Ubuntu includes many packages useful for astronomy and astrophysics. 

Stellarium

Stellarium is a free open source planetarium for your computer. It shows a realistic sky in 3D, just like what you see with the naked eye, binoculars or a telescope. Developed at ESO, and used as a base in VirGO, a VO tool for European astronomers. 

Homepage

Celestia

A real-time visual space simulation 

Choose a point within the Local Group of galaxies, and Celestia will show you an approximation of how it would appear to your eyes were you actually there. Orbit a couple kilometers above the surface of a tiny, irregular asteroid, then head off towards Jupiter, watching it grow from a bright point of light into a looming sphere filling your field of vision. 

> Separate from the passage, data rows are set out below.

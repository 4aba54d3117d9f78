-- ===== src/Speaker/Failure.antt =====
-- What is left behind: a failed initialisation, and the frequency that survives `Speaker_DeInit`.
use battery_info.Prelude.{ℕ, ◌≡◌, refl, ◌∙◌, ◌≢◌, some, arith}
use battery_info.Prelude.Int.{pos}
use battery_info.Speaker.Env.{enable, speaker_inited, speaker_ended, Speaker, Env}
use battery_info.Speaker.Volume.{close_volume_pins}
use battery_info.Speaker.Device.{init, play_pitch, de_init}
use battery_info.Speaker.Pitch.{last_value, Works, pwm_write_lem}

init-failed :
    (env : Env) (s : Speaker)
    → s.state ≡ speaker_ended
    → (init env s).0 ≢ 0
    → (init env s).1.state ≡ speaker_ended
unfolding init
init-failed env s e h = ground arith

de_init-ended : (env : Env) (s : Speaker) → s.state ≡ speaker_ended → (de_init env s).1 ≡ s
unfolding de_init
de_init-ended env s e = ground arith

-- When `Speaker_Init` fails on a speaker that is not initialised, a `Speaker_DeInit` behind it has no
-- effect: a chip or a line that the failed call has opened stays open.
de_init-init_failed :
    (env env' : Env) (s : Speaker)
    → s.state ≡ speaker_ended
    → (init env s).0 ≢ 0
    → (de_init env' (init env s).1).1 ≡ (init env s).1
de_init-init_failed env env' s e h = de_init-ended env' (init env s).1 (init-failed env s e h)

-- `Speaker_Init` keeps the current frequency and the enable register.
init-kept :
    (env : Env) (s : Speaker)
    → ((init env s).1.current_freq ≡ s.current_freq)
      × (last_value enable (init env s).1.effects ≡ last_value enable s.effects)
unfolding init
init-kept env s = ground arith

init-ok : (env : Env) (s : Speaker) → (init env s).0 ≡ 0 → (init env s).1.state ≡ speaker_inited
unfolding init
init-ok env s h = ground arith

close_volume_pins-current_freq :
    (env : Env) (s : Speaker) → (close_volume_pins env s).current_freq ≡ s.current_freq
unfolding close_volume_pins
close_volume_pins-current_freq env s = ground arith

close_volume_pins-enable :
    (env : Env) (s : Speaker)
    → last_value enable (close_volume_pins env s).effects ≡ last_value enable s.effects
unfolding close_volume_pins
close_volume_pins-enable env s = ground arith

pub de_init-kept :
    (env : Env) (s : Speaker)
    → Works env
    → s.state ≡ speaker_inited
    → ((de_init env s).1.current_freq ≡ s.current_freq)
      × (last_value enable (de_init env s).1.effects ≡ some (pos 0))
unfolding de_init
de_init-kept env s w i =
    simp
      (
        w.speaker_lock,
        i,
        close_volume_pins-current_freq env,
        close_volume_pins-enable env,
        pwm_write_lem env,
        w,
      )
      (refl, refl)

play_pitch-same :
    (env : Env) (f : ℕ) (s : Speaker)
    → Works env
    → s.state ≡ speaker_inited
    → s.current_freq ≡ f
    → play_pitch env f s ≡ (0, s)
unfolding play_pitch
play_pitch-same env f s w i e = ground (arith, w.speaker_lock)

-- The frequency that is current when the speaker is deinitialised cannot be played again after the
-- next initialisation: the deinitialisation turns the channel off, and the call for the same
-- frequency reports success, changes nothing, and leaves the channel off.
pub play_pitch-restart :
    (env : Env) (f : ℕ) (s : Speaker)
    → Works env
    → s.state ≡ speaker_inited
    → s.current_freq ≡ f
    → let s1 = (de_init env s).1 in
      let (error, s2) = init env s1 in
      error ≡ 0 → (play_pitch env f s2 ≡ (0, s2)) × (last_value enable s2.effects ≡ some (pos 0))
play_pitch-restart env f s w i e ok =
    let s1 = (de_init env s).1 in
    let (freq, off) = de_init-kept env s w i in
    let (freq', off') = init-kept env s1 in
    (play_pitch-same env f (init env s1).1 w (init-ok env s1 ok) (freq' ∙ freq ∙ e), off' ∙ off)
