-- ===== src/Speaker/Refine.antt =====
-- The interface of Speaker.c against its abstract view, where the system refuses nothing.
use mathlib.Core.Path.{subst}
use battery_info.Prelude.{
  ℕ, ◌≡◌, refl, ap, ap₂, ◌∙◌, true, false, ◌==◌, List, [], ◌∷◌, arith, Bool-cases, inl, inr,
}
use battery_info.Speaker.Env.{speaker_inited, Speaker, Env, is_inited}
use battery_info.Speaker.Volume.{set_volume}
use battery_info.Speaker.Device.{init, write_pitch, play_pitch, de_init}
use battery_info.Speaker.Pitch.{Sounding, Works, write_pitch-effects}
use battery_info.Speaker.Off.{inited}
use battery_info.Speaker.Failure.{de_init-kept}
use battery_info.Speaker.Pins.{
  Call, init_call, de_init_call, play_pitch_call, set_volume_call, step, run,
}
use battery_info.Speaker.Tone.{
  Tone, tone_step, Succeeds, env_of, Represents, SameChannel-Sounding, init-SameChannel,
  set_volume-SameChannel, init_lem, set_volume-kept, write_pitch-kept, de_init_lem,
  set_volume-refused, set_volume-taken, init-refused, de_init-refused, play_pitch-refused,
}

init_refines :
    {p : ℕ → ℕ} (env : Env) (s : Speaker) (t : Tone)
    → Succeeds p env
    → Represents p s t
    → let (r, s') = init env s in
      let (r', t') = tone_step t (init_call env) in (r ≡ r') × Represents p s' t'
unfolding tone_step
init_refines {p} env s t w v = elim (Bool-cases t.active) [
  | inl e ↦ simp (init-refused env s w.works.speaker_lock (v.active ∙ e), e) (refl, v)
  | inr e ↦
      let (ok, live, pins, freq) = init_lem env s w (v.active ∙ e) in
      simp e (
        ok,
        record {
          active = live;
          pins = pins;
          asked = freq ∙ v.asked;
          sounding = SameChannel-Sounding p t.sounds (init-SameChannel env s) v.sounding;
        },
      )
]

set_volume_refines :
    {p : ℕ → ℕ} (env : Env) (n : ℕ) (s : Speaker) (t : Tone)
    → Succeeds p env
    → Represents p s t
    → let (r, s') = set_volume env n s in
      let (r', t') = tone_step t (set_volume_call env n) in (r ≡ r') × Represents p s' t'
unfolding tone_step
set_volume_refines {p} env n s t w v =
    let (state, pins, freq) = set_volume-kept env n s in
    let still : Represents p (set_volume env n s).1 t = record {
      active = ap is_inited state ∙ v.active;
      pins = pins ∙ v.pins;
      asked = freq ∙ v.asked;
      sounding = SameChannel-Sounding p t.sounds (set_volume-SameChannel env n s) v.sounding;
    } in
    elim (Bool-cases t.active) [
      | inl e ↦ simp e (set_volume-taken env n s w (v.pins ∙ e), still)
      | inr e ↦ simp e (set_volume-refused env n s w.works.volume_lock (v.pins ∙ e), still)
    ]

-- What an initialised speaker is like behind the two calls that it takes.
de_init-Represents :
    {p : ℕ → ℕ} (env : Env) (s : Speaker) (t : Tone)
    → Succeeds p env
    → Represents p s t
    → s.state ≡ speaker_inited
    → Represents p (de_init env s).1 (record t { active = false; sounds = 0 })
de_init-Represents env s t w v i =
    let (ok, ended, closed) = de_init_lem env s w.works i in
    let (freq, off) = de_init-kept env s w.works i in
    record { active = ended; pins = closed; asked = freq ∙ v.asked; sounding = λ on. cc }

de_init_refines :
    {p : ℕ → ℕ} (env : Env) (s : Speaker) (t : Tone)
    → Succeeds p env
    → Represents p s t
    → let (r, s') = de_init env s in
      let (r', t') = tone_step t (de_init_call env) in (r ≡ r') × Represents p s' t'
unfolding tone_step
de_init_refines env s t w v = elim (Bool-cases t.active) [
  | inl e ↦
      let i = inited s (v.active ∙ e) in
      simp e ((de_init_lem env s w.works i).0, de_init-Represents env s t w v i)
  | inr e ↦ simp (de_init-refused env s w.works.speaker_lock (v.active ∙ e), e) (refl, v)
]

play_pitch-same :
    (env : Env) (f : ℕ) (s : Speaker)
    → Works env
    → s.state ≡ speaker_inited
    → (f == s.current_freq) ≡ true
    → play_pitch env f s ≡ (0, s)
unfolding play_pitch
play_pitch-same env f s w i e = simp (w.speaker_lock, i, e) refl

play_pitch-new :
    (env : Env) (f : ℕ) (s : Speaker)
    → Works env
    → s.state ≡ speaker_inited
    → (f == s.current_freq) ≡ false
    → play_pitch env f s ≡ (0, record (write_pitch env f s) { current_freq = f })
unfolding play_pitch
play_pitch-new env f s w i e = simp (w.speaker_lock, i, e) refl

written-Represents :
    {p : ℕ → ℕ} (env : Env) (f : ℕ) (s : Speaker) (t : Tone)
    → Succeeds p env
    → Represents p s t
    → Represents p
        (record (write_pitch env f s) { current_freq = f })
        (record t { sounds = f; asked = f })
written-Represents env f s t w v =
    let (state, pins) = write_pitch-kept env f s in
    record {
      active = ap is_inited state ∙ v.active;
      pins = pins ∙ v.pins;
      asked = refl;
      sounding =
          subst (λ q. Sounding q f (write_pitch env f s).effects) w.same_period
            (write_pitch-effects env f s w.works);
    }

tone-same :
    (env : Env) (f : ℕ) (t : Tone)
    → t.active ≡ true
    → (f == t.asked) ≡ true
    → tone_step t (play_pitch_call env f) ≡ (0, t)
unfolding tone_step
tone-same env f t e same = ground arith

tone-new :
    (env : Env) (f : ℕ) (t : Tone)
    → t.active ≡ true
    → (f == t.asked) ≡ false
    → tone_step t (play_pitch_call env f) ≡ (0, record t { sounds = f; asked = f })
unfolding tone_step
tone-new env f t e new = ground arith

played_refines :
    {p : ℕ → ℕ} (env : Env) (f : ℕ) (s : Speaker) (t : Tone)
    → Succeeds p env
    → Represents p s t
    → t.active ≡ true
    → let (r, s') = play_pitch env f s in
      let (r', t') = tone_step t (play_pitch_call env f) in (r ≡ r') × Represents p s' t'
played_refines env f s t w v e =
    let i = inited s (v.active ∙ e) in
    elim (Bool-cases (f == t.asked)) [
      | inl same ↦
          let same' = rw (← v.asked) at same in
          rw (play_pitch-same env f s w.works i same', tone-same env f t e same) (refl, v)
      | inr new ↦
          let new' = rw (← v.asked) at new in
          rw (play_pitch-new env f s w.works i new', tone-new env f t e new)
            (refl, written-Represents env f s t w v)
    ]

play_pitch_refines :
    {p : ℕ → ℕ} (env : Env) (f : ℕ) (s : Speaker) (t : Tone)
    → Succeeds p env
    → Represents p s t
    → let (r, s') = play_pitch env f s in
      let (r', t') = tone_step t (play_pitch_call env f) in (r ≡ r') × Represents p s' t'
unfolding tone_step
play_pitch_refines env f s t w v = elim (Bool-cases t.active) [
  | inl e ↦ played_refines env f s t w v e
  | inr e ↦ simp (play_pitch-refused env f s w.works.speaker_lock (v.active ∙ e), e) (refl, v)
]

step_refines :
    {p : ℕ → ℕ} (c : Call) (s : Speaker) (t : Tone)
    → Succeeds p (env_of c)
    → Represents p s t
    → ((step s c).0 ≡ (tone_step t c).0) × Represents p (step s c).1 (tone_step t c).1
unfolding step
step_refines (init_call env) s t w v = init_refines env s t w v
step_refines (de_init_call env) s t w v = de_init_refines env s t w v
step_refines (play_pitch_call env f) s t w v = play_pitch_refines env f s t w v
step_refines (set_volume_call env n) s t w v = set_volume_refines env n s t w v

-- The results of a row of calls, of the speaker and of the tone.
unfoldable pub results : List Call → Speaker → List ℕ
results [] s = []
results (c ∷ cs) s = (step s c).0 ∷ results cs (step s c).1

unfoldable pub tone_results : List Call → Tone → List ℕ
tone_results [] t = []
tone_results (c ∷ cs) t = (tone_step t c).0 ∷ tone_results cs (tone_step t c).1

unfoldable pub tone_run : List Call → Tone → Tone
tone_run [] t = t
tone_run (c ∷ cs) t = tone_run cs (tone_step t c).1

abbrev pub AllSucceed : (ℕ → ℕ) → List Call → Type 0
AllSucceed p [] = Unit
AllSucceed p (c ∷ cs) = Succeeds p (env_of c) × AllSucceed p cs

-- Any row of calls of the interface during which the system refuses nothing returns what an abstract
-- speaker returns, which knows only whether it is initialised, the frequency that sounds, and the one
-- that was asked for last; behind the row the channel gives the frequency that sounds there (none when
-- it is 0), and the speaker is initialised, with both volume pins open, when the abstract one is.
pub run_refines :
    {p : ℕ → ℕ} (cs : List Call) (s : Speaker) (t : Tone)
    → AllSucceed p cs
    → Represents p s t
    → (results cs s ≡ tone_results cs t) × Represents p (run cs s) (tone_run cs t)
unfolding results tone_results tone_run run
run_refines [] s t w v = (refl, v)
run_refines (c ∷ cs) s t (w, ws) v =
    let (same, next) = step_refines c s t w v in
    let (rest, last) = run_refines cs (step s c).1 (tone_step t c).1 ws next in
    (ap₂ ◌∷◌ same rest, last)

Leave our solar system entirely and observe the sun as it fades from a brilliant disk to a bright star, disappearing almost entirely as you head off toward the Upsilon Andromeda system to orbit around its innermost giant planet. 

Celestia is available with a range of front-ends 

 

GCX

Astronomical image processing and photometry 

Gcx is an astronomical image processing and data reduction tool, with an easy to use graphical user interface. It provides a complete set of data reduction functions for CCD photometry, with frame WCS fitting, automatic star identification, aperture photometry of target and standard stars, single-frame ensemble photometry solution finding, multi-frame color coefficient fitting, extinction coefficient fitting, and all-sky photometry; as well as general-purpose astronomical image processing functions (bias, dark, flat, frame alignment and stacking); It can function as a FITS viewer. 

The program can control CCD cameras and telescopes, and implement automatic observation scripting. Cameras are controlled through a hardware-specific server, to which gcx connects through a TCP socket. It generates FITS files with comprehensive header information. 

IFRIT

A powerful tool for visualizing 3-dimensional data sets 

IFRIT (the Ionization FRont Interactive Tool) has its origins (and hence name) in a specialized utility designed to visualize ionization fronts in cosmological numerical simulations. IFRIT, however, has outgrown its origins and now can visualize general data sets as well.